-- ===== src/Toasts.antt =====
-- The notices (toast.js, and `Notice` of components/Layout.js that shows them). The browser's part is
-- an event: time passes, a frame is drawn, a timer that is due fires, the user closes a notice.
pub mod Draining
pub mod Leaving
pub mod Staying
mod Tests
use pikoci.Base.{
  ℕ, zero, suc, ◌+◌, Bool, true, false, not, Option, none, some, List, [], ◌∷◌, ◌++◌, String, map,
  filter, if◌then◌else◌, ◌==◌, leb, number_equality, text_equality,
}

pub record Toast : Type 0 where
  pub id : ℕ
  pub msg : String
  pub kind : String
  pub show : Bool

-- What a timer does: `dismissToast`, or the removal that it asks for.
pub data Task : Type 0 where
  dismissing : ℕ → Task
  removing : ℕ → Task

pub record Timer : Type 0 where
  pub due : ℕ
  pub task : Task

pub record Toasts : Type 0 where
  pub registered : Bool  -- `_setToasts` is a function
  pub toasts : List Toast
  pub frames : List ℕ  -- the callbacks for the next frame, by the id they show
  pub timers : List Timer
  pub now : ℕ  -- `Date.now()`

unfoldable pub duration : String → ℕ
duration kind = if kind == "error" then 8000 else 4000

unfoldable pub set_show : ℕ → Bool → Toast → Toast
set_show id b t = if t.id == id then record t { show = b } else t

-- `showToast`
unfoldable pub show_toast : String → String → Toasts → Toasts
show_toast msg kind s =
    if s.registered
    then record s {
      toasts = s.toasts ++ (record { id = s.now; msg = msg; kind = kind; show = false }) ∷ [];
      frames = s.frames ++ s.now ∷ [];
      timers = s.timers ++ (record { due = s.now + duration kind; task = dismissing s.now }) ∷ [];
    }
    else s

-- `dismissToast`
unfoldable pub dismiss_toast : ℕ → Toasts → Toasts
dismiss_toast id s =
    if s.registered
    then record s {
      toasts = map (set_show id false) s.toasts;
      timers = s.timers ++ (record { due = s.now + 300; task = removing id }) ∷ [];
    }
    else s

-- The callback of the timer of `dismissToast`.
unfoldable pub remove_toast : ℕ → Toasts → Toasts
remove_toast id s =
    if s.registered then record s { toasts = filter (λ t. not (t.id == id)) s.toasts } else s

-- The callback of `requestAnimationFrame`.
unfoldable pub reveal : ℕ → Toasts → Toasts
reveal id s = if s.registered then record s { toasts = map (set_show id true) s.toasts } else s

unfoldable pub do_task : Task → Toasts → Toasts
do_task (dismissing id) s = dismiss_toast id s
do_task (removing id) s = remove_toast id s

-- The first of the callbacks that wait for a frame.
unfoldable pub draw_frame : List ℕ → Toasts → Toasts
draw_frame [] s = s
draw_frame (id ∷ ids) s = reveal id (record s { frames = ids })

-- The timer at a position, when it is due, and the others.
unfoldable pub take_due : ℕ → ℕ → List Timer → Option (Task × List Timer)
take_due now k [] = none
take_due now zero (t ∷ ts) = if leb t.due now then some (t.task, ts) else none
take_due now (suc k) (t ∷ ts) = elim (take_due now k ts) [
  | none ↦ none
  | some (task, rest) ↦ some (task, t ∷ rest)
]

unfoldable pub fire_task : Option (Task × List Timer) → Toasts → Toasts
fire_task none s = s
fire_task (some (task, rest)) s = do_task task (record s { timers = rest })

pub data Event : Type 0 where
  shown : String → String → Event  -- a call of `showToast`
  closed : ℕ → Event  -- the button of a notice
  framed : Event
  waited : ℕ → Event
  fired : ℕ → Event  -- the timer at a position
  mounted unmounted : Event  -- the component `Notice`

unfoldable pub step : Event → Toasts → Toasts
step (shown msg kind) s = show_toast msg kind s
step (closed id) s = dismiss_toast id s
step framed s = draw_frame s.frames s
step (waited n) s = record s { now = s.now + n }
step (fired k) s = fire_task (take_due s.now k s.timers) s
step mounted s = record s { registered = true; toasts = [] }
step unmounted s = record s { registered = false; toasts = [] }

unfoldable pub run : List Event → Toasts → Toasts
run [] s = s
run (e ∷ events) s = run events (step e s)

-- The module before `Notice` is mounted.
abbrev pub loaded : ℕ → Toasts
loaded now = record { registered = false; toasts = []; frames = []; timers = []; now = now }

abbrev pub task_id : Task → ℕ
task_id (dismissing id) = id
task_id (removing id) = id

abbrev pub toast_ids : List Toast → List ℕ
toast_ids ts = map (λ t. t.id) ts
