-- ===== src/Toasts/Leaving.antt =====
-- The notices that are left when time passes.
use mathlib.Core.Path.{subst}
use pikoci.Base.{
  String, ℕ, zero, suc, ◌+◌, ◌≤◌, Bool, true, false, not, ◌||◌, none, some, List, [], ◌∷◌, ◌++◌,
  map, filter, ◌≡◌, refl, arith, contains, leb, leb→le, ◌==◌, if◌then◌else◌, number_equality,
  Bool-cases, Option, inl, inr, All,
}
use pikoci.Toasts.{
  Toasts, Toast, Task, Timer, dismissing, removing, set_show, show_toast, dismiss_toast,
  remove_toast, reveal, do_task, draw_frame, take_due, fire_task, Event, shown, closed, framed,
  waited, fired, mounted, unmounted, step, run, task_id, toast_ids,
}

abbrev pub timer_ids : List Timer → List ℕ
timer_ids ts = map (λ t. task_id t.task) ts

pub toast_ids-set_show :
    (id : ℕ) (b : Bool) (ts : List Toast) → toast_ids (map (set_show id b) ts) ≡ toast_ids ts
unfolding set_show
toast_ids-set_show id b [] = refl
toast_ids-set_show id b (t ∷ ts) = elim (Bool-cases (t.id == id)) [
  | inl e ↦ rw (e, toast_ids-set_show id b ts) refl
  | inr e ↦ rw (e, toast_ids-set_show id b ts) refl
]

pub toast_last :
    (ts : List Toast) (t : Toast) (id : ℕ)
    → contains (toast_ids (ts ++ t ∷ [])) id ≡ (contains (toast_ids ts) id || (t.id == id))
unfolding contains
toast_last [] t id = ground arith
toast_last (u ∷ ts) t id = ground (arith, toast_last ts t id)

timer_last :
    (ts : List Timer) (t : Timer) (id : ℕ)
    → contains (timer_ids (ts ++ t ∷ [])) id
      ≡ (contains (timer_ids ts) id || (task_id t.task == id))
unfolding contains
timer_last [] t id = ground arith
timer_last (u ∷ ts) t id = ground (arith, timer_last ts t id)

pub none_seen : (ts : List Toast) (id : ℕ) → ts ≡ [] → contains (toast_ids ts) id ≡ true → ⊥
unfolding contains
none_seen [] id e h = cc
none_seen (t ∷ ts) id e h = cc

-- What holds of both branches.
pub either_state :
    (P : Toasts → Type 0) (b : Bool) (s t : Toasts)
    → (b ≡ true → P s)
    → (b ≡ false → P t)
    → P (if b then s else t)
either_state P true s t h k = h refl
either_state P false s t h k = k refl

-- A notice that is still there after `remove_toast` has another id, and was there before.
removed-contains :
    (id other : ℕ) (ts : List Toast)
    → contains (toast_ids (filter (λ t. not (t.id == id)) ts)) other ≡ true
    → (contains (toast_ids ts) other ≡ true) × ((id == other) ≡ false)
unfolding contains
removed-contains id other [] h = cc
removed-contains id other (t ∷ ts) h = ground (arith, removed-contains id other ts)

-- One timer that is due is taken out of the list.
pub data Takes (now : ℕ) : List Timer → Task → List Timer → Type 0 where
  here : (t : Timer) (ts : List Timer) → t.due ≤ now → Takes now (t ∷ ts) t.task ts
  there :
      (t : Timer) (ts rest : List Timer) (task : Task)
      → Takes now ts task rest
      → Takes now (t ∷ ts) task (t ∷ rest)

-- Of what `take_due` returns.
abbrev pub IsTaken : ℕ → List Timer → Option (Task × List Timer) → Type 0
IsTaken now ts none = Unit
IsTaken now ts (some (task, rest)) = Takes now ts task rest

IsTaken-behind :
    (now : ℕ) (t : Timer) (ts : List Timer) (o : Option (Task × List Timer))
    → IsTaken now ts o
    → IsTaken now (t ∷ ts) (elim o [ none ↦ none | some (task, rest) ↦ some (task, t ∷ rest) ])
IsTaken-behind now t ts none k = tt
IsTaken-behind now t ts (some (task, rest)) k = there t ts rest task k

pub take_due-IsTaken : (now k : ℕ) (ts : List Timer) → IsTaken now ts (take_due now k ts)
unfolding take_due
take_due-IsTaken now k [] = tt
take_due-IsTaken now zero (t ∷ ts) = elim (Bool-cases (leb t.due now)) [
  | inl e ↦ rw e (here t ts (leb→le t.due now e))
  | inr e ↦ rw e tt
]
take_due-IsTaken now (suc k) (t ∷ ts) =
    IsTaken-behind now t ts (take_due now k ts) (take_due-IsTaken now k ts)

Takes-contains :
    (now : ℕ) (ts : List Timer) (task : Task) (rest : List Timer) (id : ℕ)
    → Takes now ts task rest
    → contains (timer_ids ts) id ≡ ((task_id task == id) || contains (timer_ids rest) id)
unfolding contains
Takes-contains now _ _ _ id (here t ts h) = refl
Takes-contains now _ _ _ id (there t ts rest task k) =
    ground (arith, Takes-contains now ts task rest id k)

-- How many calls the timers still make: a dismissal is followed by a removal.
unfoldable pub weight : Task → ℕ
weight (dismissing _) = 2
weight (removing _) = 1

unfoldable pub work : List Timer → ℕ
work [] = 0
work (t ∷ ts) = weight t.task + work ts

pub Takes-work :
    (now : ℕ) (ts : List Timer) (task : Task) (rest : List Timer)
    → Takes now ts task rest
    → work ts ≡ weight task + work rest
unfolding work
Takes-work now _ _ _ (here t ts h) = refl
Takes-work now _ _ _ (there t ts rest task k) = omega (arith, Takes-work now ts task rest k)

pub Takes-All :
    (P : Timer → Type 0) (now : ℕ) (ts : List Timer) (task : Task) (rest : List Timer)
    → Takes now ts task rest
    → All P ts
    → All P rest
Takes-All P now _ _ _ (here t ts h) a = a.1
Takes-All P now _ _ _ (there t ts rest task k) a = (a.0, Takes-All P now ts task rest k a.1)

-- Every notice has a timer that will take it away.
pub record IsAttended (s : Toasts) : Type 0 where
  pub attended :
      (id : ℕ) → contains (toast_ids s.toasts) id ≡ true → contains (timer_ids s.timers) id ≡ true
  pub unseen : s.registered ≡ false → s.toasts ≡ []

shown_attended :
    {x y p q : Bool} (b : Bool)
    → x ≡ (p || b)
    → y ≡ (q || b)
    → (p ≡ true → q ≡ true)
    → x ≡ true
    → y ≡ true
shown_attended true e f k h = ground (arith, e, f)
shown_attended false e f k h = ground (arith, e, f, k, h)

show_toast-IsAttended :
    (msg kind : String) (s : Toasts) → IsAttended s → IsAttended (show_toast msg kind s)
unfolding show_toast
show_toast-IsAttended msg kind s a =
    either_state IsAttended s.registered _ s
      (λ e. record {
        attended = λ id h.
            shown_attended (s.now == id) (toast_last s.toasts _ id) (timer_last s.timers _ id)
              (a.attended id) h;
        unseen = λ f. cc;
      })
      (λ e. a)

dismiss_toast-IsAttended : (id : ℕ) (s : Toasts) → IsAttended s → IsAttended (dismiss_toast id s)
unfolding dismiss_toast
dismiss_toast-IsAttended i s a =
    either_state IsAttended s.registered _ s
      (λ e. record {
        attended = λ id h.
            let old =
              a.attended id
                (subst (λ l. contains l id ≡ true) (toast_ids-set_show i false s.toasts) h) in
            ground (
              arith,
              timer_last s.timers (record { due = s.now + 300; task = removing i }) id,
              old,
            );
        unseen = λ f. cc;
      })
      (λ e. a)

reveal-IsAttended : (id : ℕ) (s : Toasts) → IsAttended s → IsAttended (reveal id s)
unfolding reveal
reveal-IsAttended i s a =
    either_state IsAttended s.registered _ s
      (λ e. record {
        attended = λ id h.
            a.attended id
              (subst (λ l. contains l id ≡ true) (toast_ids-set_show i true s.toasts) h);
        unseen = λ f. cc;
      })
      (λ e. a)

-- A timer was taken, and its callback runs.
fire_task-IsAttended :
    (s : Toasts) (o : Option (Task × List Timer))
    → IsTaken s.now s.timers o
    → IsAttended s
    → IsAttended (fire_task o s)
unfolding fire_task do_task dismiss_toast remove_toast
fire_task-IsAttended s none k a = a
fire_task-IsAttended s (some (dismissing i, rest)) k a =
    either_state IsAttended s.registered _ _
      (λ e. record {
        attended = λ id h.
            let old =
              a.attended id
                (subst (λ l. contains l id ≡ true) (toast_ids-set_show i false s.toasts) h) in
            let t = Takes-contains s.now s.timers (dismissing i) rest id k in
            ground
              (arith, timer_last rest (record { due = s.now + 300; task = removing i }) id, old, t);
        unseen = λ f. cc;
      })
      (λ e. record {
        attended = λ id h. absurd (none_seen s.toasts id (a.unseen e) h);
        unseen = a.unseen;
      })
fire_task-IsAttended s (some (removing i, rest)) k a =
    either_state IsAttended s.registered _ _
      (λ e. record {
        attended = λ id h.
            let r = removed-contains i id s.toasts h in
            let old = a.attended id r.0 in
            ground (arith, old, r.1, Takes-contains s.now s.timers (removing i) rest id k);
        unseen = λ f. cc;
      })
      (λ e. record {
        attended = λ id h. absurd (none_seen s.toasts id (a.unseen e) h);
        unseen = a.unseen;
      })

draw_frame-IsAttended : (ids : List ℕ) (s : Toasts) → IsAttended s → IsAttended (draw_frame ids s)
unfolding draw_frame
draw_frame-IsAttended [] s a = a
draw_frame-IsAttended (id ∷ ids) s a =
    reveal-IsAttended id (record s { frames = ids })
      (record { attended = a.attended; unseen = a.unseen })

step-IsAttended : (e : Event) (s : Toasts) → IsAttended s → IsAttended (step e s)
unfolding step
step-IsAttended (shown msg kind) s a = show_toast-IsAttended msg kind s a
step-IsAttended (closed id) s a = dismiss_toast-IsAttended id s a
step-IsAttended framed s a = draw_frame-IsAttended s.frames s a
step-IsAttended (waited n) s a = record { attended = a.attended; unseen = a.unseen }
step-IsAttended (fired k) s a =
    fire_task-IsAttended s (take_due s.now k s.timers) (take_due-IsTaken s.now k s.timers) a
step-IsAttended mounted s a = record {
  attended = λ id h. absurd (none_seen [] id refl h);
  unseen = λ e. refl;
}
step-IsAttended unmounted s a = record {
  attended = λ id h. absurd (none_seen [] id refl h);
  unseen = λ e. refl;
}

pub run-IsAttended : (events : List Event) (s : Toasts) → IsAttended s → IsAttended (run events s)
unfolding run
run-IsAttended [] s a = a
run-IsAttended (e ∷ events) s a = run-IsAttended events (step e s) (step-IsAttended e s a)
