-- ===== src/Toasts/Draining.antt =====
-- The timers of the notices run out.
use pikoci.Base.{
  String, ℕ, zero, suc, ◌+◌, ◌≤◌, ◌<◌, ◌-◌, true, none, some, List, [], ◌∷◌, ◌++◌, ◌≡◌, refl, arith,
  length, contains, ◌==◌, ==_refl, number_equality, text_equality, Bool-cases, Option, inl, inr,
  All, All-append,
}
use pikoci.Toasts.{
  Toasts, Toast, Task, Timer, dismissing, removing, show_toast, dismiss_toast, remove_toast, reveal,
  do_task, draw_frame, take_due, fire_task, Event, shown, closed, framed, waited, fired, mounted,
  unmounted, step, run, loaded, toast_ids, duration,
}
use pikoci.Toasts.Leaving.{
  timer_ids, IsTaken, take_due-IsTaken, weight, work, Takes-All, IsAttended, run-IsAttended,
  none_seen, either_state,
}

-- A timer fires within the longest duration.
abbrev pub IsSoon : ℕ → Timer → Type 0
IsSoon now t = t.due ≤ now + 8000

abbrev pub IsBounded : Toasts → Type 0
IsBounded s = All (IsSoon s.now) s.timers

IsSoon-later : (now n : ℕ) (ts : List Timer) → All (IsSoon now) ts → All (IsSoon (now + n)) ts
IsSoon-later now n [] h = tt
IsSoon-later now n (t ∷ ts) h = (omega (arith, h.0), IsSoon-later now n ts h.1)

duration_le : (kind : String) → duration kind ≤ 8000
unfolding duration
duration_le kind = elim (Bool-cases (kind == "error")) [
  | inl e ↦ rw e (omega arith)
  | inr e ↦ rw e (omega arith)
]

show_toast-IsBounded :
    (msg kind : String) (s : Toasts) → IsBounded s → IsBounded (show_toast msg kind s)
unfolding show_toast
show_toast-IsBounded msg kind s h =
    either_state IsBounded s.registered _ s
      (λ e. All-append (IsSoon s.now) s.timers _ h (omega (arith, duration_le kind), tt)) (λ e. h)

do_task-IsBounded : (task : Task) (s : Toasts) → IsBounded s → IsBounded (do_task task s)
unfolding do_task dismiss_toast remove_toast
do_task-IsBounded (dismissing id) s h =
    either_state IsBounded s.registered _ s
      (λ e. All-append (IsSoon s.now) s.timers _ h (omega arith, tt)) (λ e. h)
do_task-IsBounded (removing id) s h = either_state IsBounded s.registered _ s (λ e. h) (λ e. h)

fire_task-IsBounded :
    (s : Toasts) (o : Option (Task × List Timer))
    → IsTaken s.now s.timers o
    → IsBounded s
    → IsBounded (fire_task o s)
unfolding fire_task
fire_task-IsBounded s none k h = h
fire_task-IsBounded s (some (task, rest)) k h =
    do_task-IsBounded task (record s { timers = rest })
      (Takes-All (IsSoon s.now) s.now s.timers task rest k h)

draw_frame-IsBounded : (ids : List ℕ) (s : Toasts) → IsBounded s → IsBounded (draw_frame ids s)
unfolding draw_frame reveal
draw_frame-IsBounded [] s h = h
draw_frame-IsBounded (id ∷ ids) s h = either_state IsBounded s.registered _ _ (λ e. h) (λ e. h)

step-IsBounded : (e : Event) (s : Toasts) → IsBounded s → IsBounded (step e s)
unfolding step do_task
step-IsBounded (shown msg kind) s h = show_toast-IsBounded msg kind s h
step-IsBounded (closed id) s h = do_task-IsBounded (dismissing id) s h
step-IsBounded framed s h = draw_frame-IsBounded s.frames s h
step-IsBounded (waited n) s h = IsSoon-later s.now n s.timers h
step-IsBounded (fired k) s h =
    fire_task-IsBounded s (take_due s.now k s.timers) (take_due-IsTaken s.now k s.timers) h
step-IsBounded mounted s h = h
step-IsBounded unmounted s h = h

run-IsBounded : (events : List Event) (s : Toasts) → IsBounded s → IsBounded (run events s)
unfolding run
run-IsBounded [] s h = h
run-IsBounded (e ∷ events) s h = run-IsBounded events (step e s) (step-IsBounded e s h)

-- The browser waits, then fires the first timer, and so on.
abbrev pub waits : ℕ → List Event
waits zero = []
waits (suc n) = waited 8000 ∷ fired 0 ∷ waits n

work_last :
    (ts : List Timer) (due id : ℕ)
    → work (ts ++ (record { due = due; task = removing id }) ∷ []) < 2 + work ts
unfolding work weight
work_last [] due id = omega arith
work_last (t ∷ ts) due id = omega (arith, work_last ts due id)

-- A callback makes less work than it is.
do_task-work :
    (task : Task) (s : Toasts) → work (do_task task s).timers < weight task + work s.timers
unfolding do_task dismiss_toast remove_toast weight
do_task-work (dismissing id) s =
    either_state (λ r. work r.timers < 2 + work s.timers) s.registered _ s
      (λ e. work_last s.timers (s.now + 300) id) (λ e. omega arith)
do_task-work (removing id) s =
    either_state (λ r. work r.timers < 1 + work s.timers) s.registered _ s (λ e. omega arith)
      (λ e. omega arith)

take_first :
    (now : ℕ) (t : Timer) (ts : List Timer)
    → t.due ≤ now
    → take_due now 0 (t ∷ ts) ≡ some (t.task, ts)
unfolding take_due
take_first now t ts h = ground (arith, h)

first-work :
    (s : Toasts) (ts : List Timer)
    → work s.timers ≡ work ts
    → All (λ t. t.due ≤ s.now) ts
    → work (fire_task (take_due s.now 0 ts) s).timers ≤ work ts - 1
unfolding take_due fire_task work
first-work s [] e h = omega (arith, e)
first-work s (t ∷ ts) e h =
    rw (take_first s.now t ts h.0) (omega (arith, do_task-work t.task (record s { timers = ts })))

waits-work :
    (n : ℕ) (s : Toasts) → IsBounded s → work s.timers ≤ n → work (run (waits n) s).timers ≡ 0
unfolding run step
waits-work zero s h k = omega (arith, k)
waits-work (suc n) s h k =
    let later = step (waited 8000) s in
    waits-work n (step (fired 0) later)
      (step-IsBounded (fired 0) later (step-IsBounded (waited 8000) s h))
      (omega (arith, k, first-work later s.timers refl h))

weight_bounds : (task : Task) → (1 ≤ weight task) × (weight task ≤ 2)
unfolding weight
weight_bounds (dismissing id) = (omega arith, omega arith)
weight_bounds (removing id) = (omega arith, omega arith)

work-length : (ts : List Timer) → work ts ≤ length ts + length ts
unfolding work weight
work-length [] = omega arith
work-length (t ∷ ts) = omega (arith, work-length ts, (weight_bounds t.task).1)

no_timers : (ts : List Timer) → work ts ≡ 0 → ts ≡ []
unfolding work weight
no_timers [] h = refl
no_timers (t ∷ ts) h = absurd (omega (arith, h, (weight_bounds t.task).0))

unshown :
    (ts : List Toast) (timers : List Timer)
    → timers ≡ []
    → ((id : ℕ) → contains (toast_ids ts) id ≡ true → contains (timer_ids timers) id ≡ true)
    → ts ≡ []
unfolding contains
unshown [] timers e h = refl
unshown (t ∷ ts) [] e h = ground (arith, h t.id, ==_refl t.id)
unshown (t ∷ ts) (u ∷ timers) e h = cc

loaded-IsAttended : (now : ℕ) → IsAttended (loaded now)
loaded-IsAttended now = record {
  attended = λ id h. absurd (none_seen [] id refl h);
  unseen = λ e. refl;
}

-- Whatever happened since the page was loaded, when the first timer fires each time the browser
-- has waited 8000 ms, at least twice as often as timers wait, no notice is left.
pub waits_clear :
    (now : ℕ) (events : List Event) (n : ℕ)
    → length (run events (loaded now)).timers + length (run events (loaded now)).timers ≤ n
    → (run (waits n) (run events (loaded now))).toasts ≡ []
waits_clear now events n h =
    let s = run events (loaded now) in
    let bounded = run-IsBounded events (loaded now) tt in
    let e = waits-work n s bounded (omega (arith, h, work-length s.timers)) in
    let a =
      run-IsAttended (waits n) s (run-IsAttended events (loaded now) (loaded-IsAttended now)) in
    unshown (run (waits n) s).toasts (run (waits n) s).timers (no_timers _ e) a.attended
---
Everything from the line with "waits-work zero s h k = omega (arith, k)" through the line with "no_timers [] h = refl" should be written out exactly as it appears above, end lines included, and nothing outside that range.

waits-work zero s h k = omega (arith, k)
waits-work (suc n) s h k =
    let later = step (waited 8000) s in
    waits-work n (step (fired 0) later)
      (step-IsBounded (fired 0) later (step-IsBounded (waited 8000) s h))
      (omega (arith, k, first-work later s.timers refl h))

weight_bounds : (task : Task) → (1 ≤ weight task) × (weight task ≤ 2)
unfolding weight
weight_bounds (dismissing id) = (omega arith, omega arith)
weight_bounds (removing id) = (omega arith, omega arith)

work-length : (ts : List Timer) → work ts ≤ length ts + length ts
unfolding work weight
work-length [] = omega arith
work-length (t ∷ ts) = omega (arith, work-length ts, (weight_bounds t.task).1)

no_timers : (ts : List Timer) → work ts ≡ 0 → ts ≡ []
unfolding work weight
no_timers [] h = refl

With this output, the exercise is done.